EXCERPTED DATA |
++++++++++

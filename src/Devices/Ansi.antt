-- ===== src/Devices/Ansi.antt =====
-- Sequences that start with an escape: `tty_interpret_ansi` of kernel/src/devices/tty.c. A character is
-- its byte. There is no result where the code writes behind the end of `buf` or `args`, which have 32
-- places each.
pub mod Params
pub mod Args
use ogos.Prelude.{
  ℕ, zero, suc, ◌+◌, ◌-◌, ◌%◌, ◌^◌, Bool, true, false, ◌||◌, Option, none, some, ltb, leb, ◌==◌,
  if◌then◌else◌,
}
use ogos.Prelude.Int.{ℤ, pos, negsuc}
use ogos.Prelude.Words.{add32, sub32}
use ogos.Libc.Ctype.{isdigit, isalpha}
use ogos.Libc.Stdlib.{char, atoi, ◌>>=◌}
use ogos.Devices.Tty.{
  State, normal, bracket, params, Ansi, Tty, vga_width, write, fill_row, tty_make_entry,
  tty_move_cursor, tty_set_fg_color, tty_set_bg_color, tty_init,
}

-- an `int` as a `uint32_t`
abbrev pub to_u32 : ℤ → ℕ
to_u32 (pos n) = n % 2 ^ 32
to_u32 (negsuc n) = 2 ^ 32 - 1 - n % 2 ^ 32

abbrev pub set_ansi : Ansi → Tty → Tty
set_ansi a t = record t { ansi = a }

-- `buf[current_index] = '\0'; args[current_arg++] = atoi(buf);` The string ends within 32 characters,
-- so that 33 rounds are enough for `atoi`.
unfoldable pub store_param : Ansi → Option Ansi
store_param a = if leb 32 a.current_index || leb 32 a.current_arg then none else do
  let buf = write a.buf a.current_index 0
  n ← atoi 33 0 buf
  some (record a {
    buf = buf;
    args = write a.args a.current_arg (to_u32 n);
    current_arg = a.current_arg + 1;
  })

-- A case of the switch on one parameter of `m`.
pub graphics : ℕ → Tty → Tty
graphics arg t =
    let a = t.ansi in
    if arg == 0 || arg == 5
    then tty_move_cursor t
    else if arg == 1
    then set_ansi (record a { saved_color = t.color }) t
    else if arg == 2
    then record t { color = a.saved_color }
    else if arg == 3
    then set_ansi (record a { saved_menu_color = t.menu_color; saved_color = t.color }) t
    else if arg == 4
    then record t { menu_color = a.saved_menu_color; color = a.saved_color }
    else if arg == 30
    then tty_set_fg_color 0 t
    else if arg == 31
    then tty_set_fg_color 4 t
    else if arg == 32
    then tty_set_fg_color 2 t
    else if arg == 33
    then tty_set_fg_color 6 t
    else if arg == 34
    then tty_set_fg_color 1 t
    else if arg == 35
    then tty_set_fg_color 5 t
    else if arg == 36
    then tty_set_fg_color 3 t
    else if arg == 37
    then tty_set_fg_color 15 t
    else if arg == 40
    then tty_set_bg_color 0 t
    else if arg == 41
    then tty_set_bg_color 4 t
    else if arg == 42
    then tty_set_bg_color 2 t
    else if arg == 43
    then tty_set_bg_color 6 t
    else if arg == 44
    then tty_set_bg_color 1 t
    else if arg == 45
    then tty_set_bg_color 5 t
    else if arg == 46
    then tty_set_bg_color 3 t
    else if arg == 47
    then tty_set_bg_color 7 t
    else t

-- The loop over the parameters of `m`, from i on, with n to go.
pub all_graphics : ℕ → ℕ → Tty → Tty
all_graphics zero i t = t
all_graphics (suc n) i t = all_graphics n (i + 1) (graphics (t.ansi.args i) t)

-- The case 'K', which clears a row from the cursor on.
pub erase : Tty → Tty
erase t =
    let entry = tty_make_entry 32 (if t.ansi.args 0 == 0 then t.color else t.menu_color) in
    record t { buffer = fill_row (vga_width - t.column) t.column t.row entry t.buffer }

-- The switch on the last character.
unfoldable pub command : ℕ → Tty → Tty
command c t =
    let a = t.ansi in
    if c == b's'
    then set_ansi (record a { saved_row = t.row; saved_col = t.column }) t
    else if c == b'u'
    then record t { row = a.saved_row; column = a.saved_col }
    else if c == b'K'
    then erase t
    else if c == b'H' || c == b'f'
    then record t { row = a.args 0; column = a.args 1 }
    else if c == b'A'
    then record t { row = sub32 t.row (a.args 0) }
    else if c == b'B'
    then record t { row = add32 t.row (a.args 0) }
    else if c == b'C'
    then record t { column = add32 t.column (a.args 0) }
    else if c == b'D'
    then record t { column = sub32 t.column (a.args 0) }
    else if c == b'J'
    then (if a.args 0 == 2 then tty_init t else t)
    else if c == b'm'
    then all_graphics a.current_arg 0 t
    else t

abbrev pub reset : Ansi → Ansi
reset a = record a { current_arg = 0; current_index = 0; state = normal }

-- A digit of a parameter.
unfoldable pub add_digit : ℕ → Ansi → Ansi
add_digit c a =
    if leb 32 a.current_index
    then reset a
    else record a { buf = write a.buf a.current_index c; current_index = a.current_index + 1 }

-- A character in the state `params`.
unfoldable pub in_params : ℕ → Tty → Option Tty
in_params c t =
    if c == b';'
    then (do a ← store_param t.ansi; some (set_ansi (record a { current_index = 0 }) t))
    else if isdigit (char c)
    then some (set_ansi (add_digit c t.ansi) t)
    else if isalpha (char c)
    then (do
      a ← store_param t.ansi
      let t1 = command c (set_ansi a t)
      some (set_ansi (reset t1.ansi) t1))
    else some t

abbrev set_state : State → Tty → Tty
set_state s t = set_ansi (record t.ansi { state = s }) t

abbrev seen : Option Tty → Option (Bool × Tty)
seen none = none
seen (some t) = some (true, t)

-- The result is true where the source returns 1.
unfoldable pub interpret : State → ℕ → Tty → Option (Bool × Tty)
interpret normal c t = if c == 0x1B then some (true, set_state bracket t) else some (false, t)
interpret bracket c t =
    if c == b'[' then some (true, set_state params t) else some (false, set_state normal t)
interpret params c t = seen (in_params c t)

unfoldable pub tty_interpret_ansi : ℕ → Tty → Option (Bool × Tty)
unfolding interpret
tty_interpret_ansi c t = interpret t.ansi.state c t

++++++++++

REQUIRED ACTION |
Gather each line from the listing above that holds "Option".

ANSWER SECTION |
  ℕ, zero, suc, ◌+◌, ◌-◌, ◌%◌, ◌^◌, Bool, true, false, ◌||◌, Option, none, some, ltb, leb, ◌==◌,
unfoldable pub store_param : Ansi → Option Ansi
unfoldable pub in_params : ℕ → Tty → Option Tty
abbrev seen : Option Tty → Option (Bool × Tty)
unfoldable pub interpret : State → ℕ → Tty → Option (Bool × Tty)
unfoldable pub tty_interpret_ansi : ℕ → Tty → Option (Bool × Tty)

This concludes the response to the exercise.